The 28 year-old from Hayle, Cornwall, said: “Phytoseiulus persimilis, the predatory mite, only feeds on the two-spotted spider mite. It has no visual organs so relies on its sense of smell to find its prey. It does this by detecting chemicals emitted by plants infested with two-spotted spider mites.

“By identifying the precise feeding stimuli of the predatory mite, it could be ‘tricked’ into feeding on an artificial diet, consisting of organic compounds similar to those produced by the two-spotted spider mite itself and its eggs. Mass-rearing of the predatory mite could enable them to be used more often in biological control programmes.

“For the study, I reared two-spotted spider mites on dwarf French bean plants. From there I conducted a series of experiments.

“One of the studies achieved in identifying and quantifying the volatile compounds emitted by the dwarf French bean plant when infested with the two-spotted spider mite which help the predatory mite identify its prey and eat.

“From these volatile compounds, I identified ten which are of ‘high interest’.

“To demonstrate the behavioural response of the predatory mite to infested and uninfested dwarf French bean plants I put a number of them into a Y-shaped choice arena that allowed them to choose between two different sections, or stay where they were. The greatest number of mites moved into the section that contained the chemicals from an infested dwarf French bean plant.

“Seeing that they had a preference to go to the section containing chemicals from an infested plant, I conducted more experiments to determine whether individual chemicals or two different blends of synthetic chemicals could also be used to attract the predatory mites. At the concentrations I used, the predatory mites showed no preference for either blend.
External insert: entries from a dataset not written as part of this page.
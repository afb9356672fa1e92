-- ===== src/Context/Bounded.antt =====
-- packages/core/src/belief_ledger_core/context/select.py: what the choice of beliefs keeps to.
use belief_ledger_pramana.Prelude.{
  ℕ, zero, suc, ◌-◌, ◌≡◌, refl, Bool, true, false, ◌&&◌, ◌||◌, not, Option, none, some, List, [],
  ◌∷◌, ◌++◌, All, contains, length, on_option, ltb, leb, if◌then◌else◌,
}
use belief_ledger_pramana.Models.{Belief}
use belief_ledger_pramana.Engine.Acyclic.Descendants.{sorted}
use belief_ledger_pramana.Context.Select.{
  is_live, all_premises, ids, get_belief, add_conclusion, add_premises, add_with_premises, choose,
}

abbrev pub IsLive : Belief → Type 0
IsLive b = is_live b.status ≡ true

-- What every single addition of a live belief that is not there keeps, the choice keeps.
module _ (beliefs : List Belief) (P : List Belief → Type 0)
    (keeps : (b : Belief) (chosen : List Belief)
      → IsLive b
      → contains b.id (ids chosen) ≡ false
      → P chosen
      → P (chosen ++ (b ∷ []))) where
  conclusion-keeps :
      (limit : ℕ) (b : Belief) (chosen : List Belief)
      → IsLive b
      → P chosen
      → P (add_conclusion limit b chosen)
  conclusion-keeps limit b chosen live p =
      go (contains b.id (ids chosen)) (ltb (length chosen) limit) refl
    where
      go :
          (c t : Bool)
          → contains b.id (ids chosen) ≡ c
          → P (if not c && t then chosen ++ (b ∷ []) else chosen)
      go true t e = p
      go false true e = keeps b chosen live e p
      go false false e = p

  premises-keep :
      (add : Belief → List Belief → List Belief)
      → ((b : Belief) (chosen : List Belief) → IsLive b → P chosen → P (add b chosen))
      → (limit : ℕ) (ps : List ℕ) (chosen : List Belief) → P chosen
      → P (add_premises add beliefs limit ps chosen)
  unfolding add_premises
  premises-keep add h limit [] chosen p = p
  premises-keep add h limit (q ∷ ps) chosen p =
      go (get_belief beliefs q) (premises-keep add h limit ps)
    where
      go :
          (o : Option Belief)
          → ((chosen : List Belief) → P chosen → P (add_premises add beliefs limit ps chosen))
          → P (
              on_option o (add_premises add beliefs limit ps chosen) (λ premise.
                elim (is_live premise.status) [
                  | false ↦ add_premises add beliefs limit ps chosen
                  | true ↦ elim (leb limit (length chosen)) [
                    | true ↦ chosen
                    | false ↦ add_premises add beliefs limit ps (add premise chosen)
                  ]
                ]))
      go none rest = rest chosen p
      go (some premise) rest = live (is_live premise.status) (leb limit (length chosen)) refl
        where
          live :
              (t full : Bool)
              → is_live premise.status ≡ t
              → P (elim t as (λ _. List Belief) [
                | false ↦ add_premises add beliefs limit ps chosen
                | true ↦ elim full [
                  | true ↦ chosen
                  | false ↦ add_premises add beliefs limit ps (add premise chosen)
                ]
              ])
          live false full e = rest chosen p
          live true true e = p
          live true false e = rest (add premise chosen) (h premise chosen e p)

  pub add-keeps :
      (depth limit : ℕ) (path : List ℕ) (b : Belief) (chosen : List Belief)
      → IsLive b
      → P chosen
      → P (add_with_premises depth beliefs limit path b chosen)
  unfolding add_with_premises
  add-keeps zero limit path b chosen live p =
      guarded (contains b.id (ids chosen) || leb limit (length chosen) || contains b.id path)
        (conclusion-keeps limit b chosen live p)
    where
      guarded :
          (t : Bool)
          → P (add_conclusion limit b chosen)
          → P (if t then chosen else add_conclusion limit b chosen)
      guarded true q = p
      guarded false q = q
  add-keeps (suc depth) limit path b chosen live p =
      guarded (contains b.id (ids chosen) || leb limit (length chosen) || contains b.id path) (
        conclusion-keeps limit b after live (
          premises-keep (add_with_premises depth beliefs (limit - 1) (b.id ∷ path))
            (add-keeps depth (limit - 1) (b.id ∷ path)) (limit - 1)
            (sorted (all_premises b.justifications)) chosen p))
    where
      after : List Belief
      after =
          add_premises (add_with_premises depth beliefs (limit - 1) (b.id ∷ path)) beliefs
            (limit - 1) (sorted (all_premises b.justifications)) chosen

      guarded :
          (t : Bool)
          → P (add_conclusion limit b after)
          → P (if t then chosen else add_conclusion limit b after)
      guarded true q = p
      guarded false q = q

  pub choose-keeps :
      (depth limit : ℕ) (candidates chosen : List Belief)
      → All IsLive candidates
      → P chosen
      → P (choose depth beliefs limit candidates chosen)
  unfolding choose
  choose-keeps depth limit [] chosen live p = p
  choose-keeps depth limit (b ∷ candidates) chosen live p = go (leb limit (length chosen)) (
      choose-keeps depth limit candidates (add_with_premises depth beliefs limit [] b chosen) live.1
        (add-keeps depth limit [] b chosen live.0 p))
    where
      go :
          (t : Bool)
          → P (
              choose depth beliefs limit candidates
                (add_with_premises depth beliefs limit [] b chosen))
          → P (elim t as (λ _. List Belief) [
            | true ↦ chosen
            | false ↦
                choose depth beliefs limit candidates
                  (add_with_premises depth beliefs limit [] b chosen)
          ])
      go true q = p
      go false q = q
“The synthetic chemicals blends I’d created based on the ones I found to be released by an infested plant did not successfully lead to getting the predatory mite to eat an artificial diet. Different concentrations of chemical blends or non-volatile chemicals, rather than the volatile chemicals, need to be investigated in future research.

“A novel element to my investigation is that I found predatory mites follow trials made by their prey and that the greater the number of two-spotted spider mites walking the same trail, the stronger the trail they leave behind, so the more likely the predator mite is to follow it.
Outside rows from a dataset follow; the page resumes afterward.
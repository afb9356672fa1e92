-- ===== src/Context/Budget.antt =====
-- packages/core/src/belief_ledger_core/context/budget.py: the budget of characters of a rendering. A
-- text is the list of its code points.
use belief_ledger_pramana.Prelude.{
  ℕ, ◌+◌, ◌≤◌, ◌≡◌, refl, sym, ap, ◌∙◌, Bool, true, false, List, [], ◌∷◌, ◌++◌, append-nil,
  append_assoc, length, length-append, leb, leb→le, arith, if◌then◌else◌,
}

abbrev pub Text : Type 0
Text = List ℕ

pub record CharacterBudget : Type 0 where
  pub maximum : ℕ
  pub parts : List Text
  pub used : ℕ
  pub truncated : Bool

abbrev pub new_budget : ℕ → CharacterBudget
new_budget maximum = record { maximum = maximum; parts = []; used = 0; truncated = false }

-- `"\n" if self.parts else ""`
abbrev pub separator : List Text → Text
separator [] = []
separator (_ ∷ _) = 10 ∷ []

-- `if separator: self.parts.append(separator)`
abbrev pub with_separator : List Text → List Text
with_separator [] = []
with_separator (p ∷ ps) = (p ∷ ps) ++ (separator (p ∷ ps) ∷ [])

-- `add`, whose `mandatory` changes nothing.
unfoldable pub add : Text → CharacterBudget → Bool × CharacterBudget
add text b =
    let needed = length (separator b.parts) + length text in
    if leb (b.used + needed) b.maximum
    then (true, record b { parts = with_separator b.parts ++ (text ∷ []); used = b.used + needed })
    else (false, record b { truncated = true })

-- `render`
abbrev pub joined : List Text → Text
joined [] = []
joined (p ∷ ps) = p ++ joined ps

abbrev pub render : CharacterBudget → Text
render b = joined b.parts

unfoldable pub add_each : List Text → CharacterBudget → CharacterBudget
unfolding add
add_each [] b = b
add_each (t ∷ ts) b = add_each ts (add t b).1

joined-append : (ps qs : List Text) → joined (ps ++ qs) ≡ joined ps ++ joined qs
joined-append [] qs = refl
joined-append (p ∷ ps) qs =
    ap (p ++◌) (joined-append ps qs) ∙ sym (append_assoc p (joined ps) (joined qs))

record IsCounted (maximum : ℕ) (b : CharacterBudget) : Type 0 where
  counted : length (render b) ≡ b.used
  within : b.used ≤ maximum
  same : b.maximum ≡ maximum

length-with_separator :
    (ps : List Text) (text : Text)
    → length (joined (with_separator ps ++ (text ∷ [])))
      ≡ length (joined ps) + (length (separator ps) + length text)
length-with_separator [] text = omega (arith, ap length (append-nil text))
length-with_separator (p ∷ ps) text =
    ap length (
      joined-append (with_separator (p ∷ ps)) (text ∷ [])
      ∙ ap (◌++ (joined (text ∷ []))) (joined-append (p ∷ ps) ((10 ∷ []) ∷ [])))
    ∙ omega (
      arith,
      length-append (joined (p ∷ ps) ++ joined ((10 ∷ []) ∷ [])) (joined (text ∷ [])),
      length-append (joined (p ∷ ps)) (joined ((10 ∷ []) ∷ [])),
      ap length (append-nil text),
    )

module _ (maximum : ℕ) where
  add-IsCounted :
      (text : Text) (b : CharacterBudget) → IsCounted maximum b → IsCounted maximum (add text b).1
  unfolding add
  add-IsCounted text b c =
      go (leb (b.used + (length (separator b.parts) + length text)) b.maximum) refl
    where
      go :
          (t : Bool)
          → leb (b.used + (length (separator b.parts) + length text)) b.maximum ≡ t
          → IsCounted maximum
              (let r : Bool × CharacterBudget =
                  if t
                  then (
                    true,
                    record b {
                      parts = with_separator b.parts ++ (text ∷ []);
                      used = b.used + (length (separator b.parts) + length text);
                    },
                  )
                  else (false, record b { truncated = true }) in
                r).1
      go true e = record {
        counted = omega (arith, length-with_separator b.parts text, c.counted);
        within = omega (arith, leb→le _ _ e, c.same);
        same = c.same;
      }
      go false e = record { counted = c.counted; within = c.within; same = c.same }

  add_each-IsCounted :
      (ts : List Text) (b : CharacterBudget)
      → IsCounted maximum b
      → IsCounted maximum (add_each ts b)
  unfolding add_each
  add_each-IsCounted [] b c = c
  add_each-IsCounted (t ∷ ts) b c = add_each-IsCounted ts (add t b).1 (add-IsCounted t b c)

  -- After any additions to a new budget, those that did not fit included, the rendering has as many
  -- characters as the budget has counted, separators included, and no more than the maximum.
  pub render-add_each :
      (ts : List Text)
      → (length (render (add_each ts (new_budget maximum)))
          ≡ (add_each ts (new_budget maximum)).used)
        × (length (render (add_each ts (new_budget maximum))) ≤ maximum)
  render-add_each ts =
      let c =
        add_each-IsCounted ts (new_budget maximum)
          (record { counted = refl; within = omega arith; same = refl }) in
      (c.counted, omega (arith, c.counted, c.within))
“I looked into seeing if this was because they were following the webbing the two-spotted spider mites create, hence where their name comes from, or if they were following a chemical composition. I found that they are following chemicals. However, identifying the chemicals has proven difficult as the analytical techniques required are not currently sensitive enough to detect the very small quantities of chemicals deposited by the two-spotted spider mite. When we can identify the chemical coming from the prey, it’ll supersede the chemical from the plant for use in encouraging the predatory mite onto an artificial diet. I’ve left the research in a way that someone can come back to it in the future when our knowledge and technology has advanced.”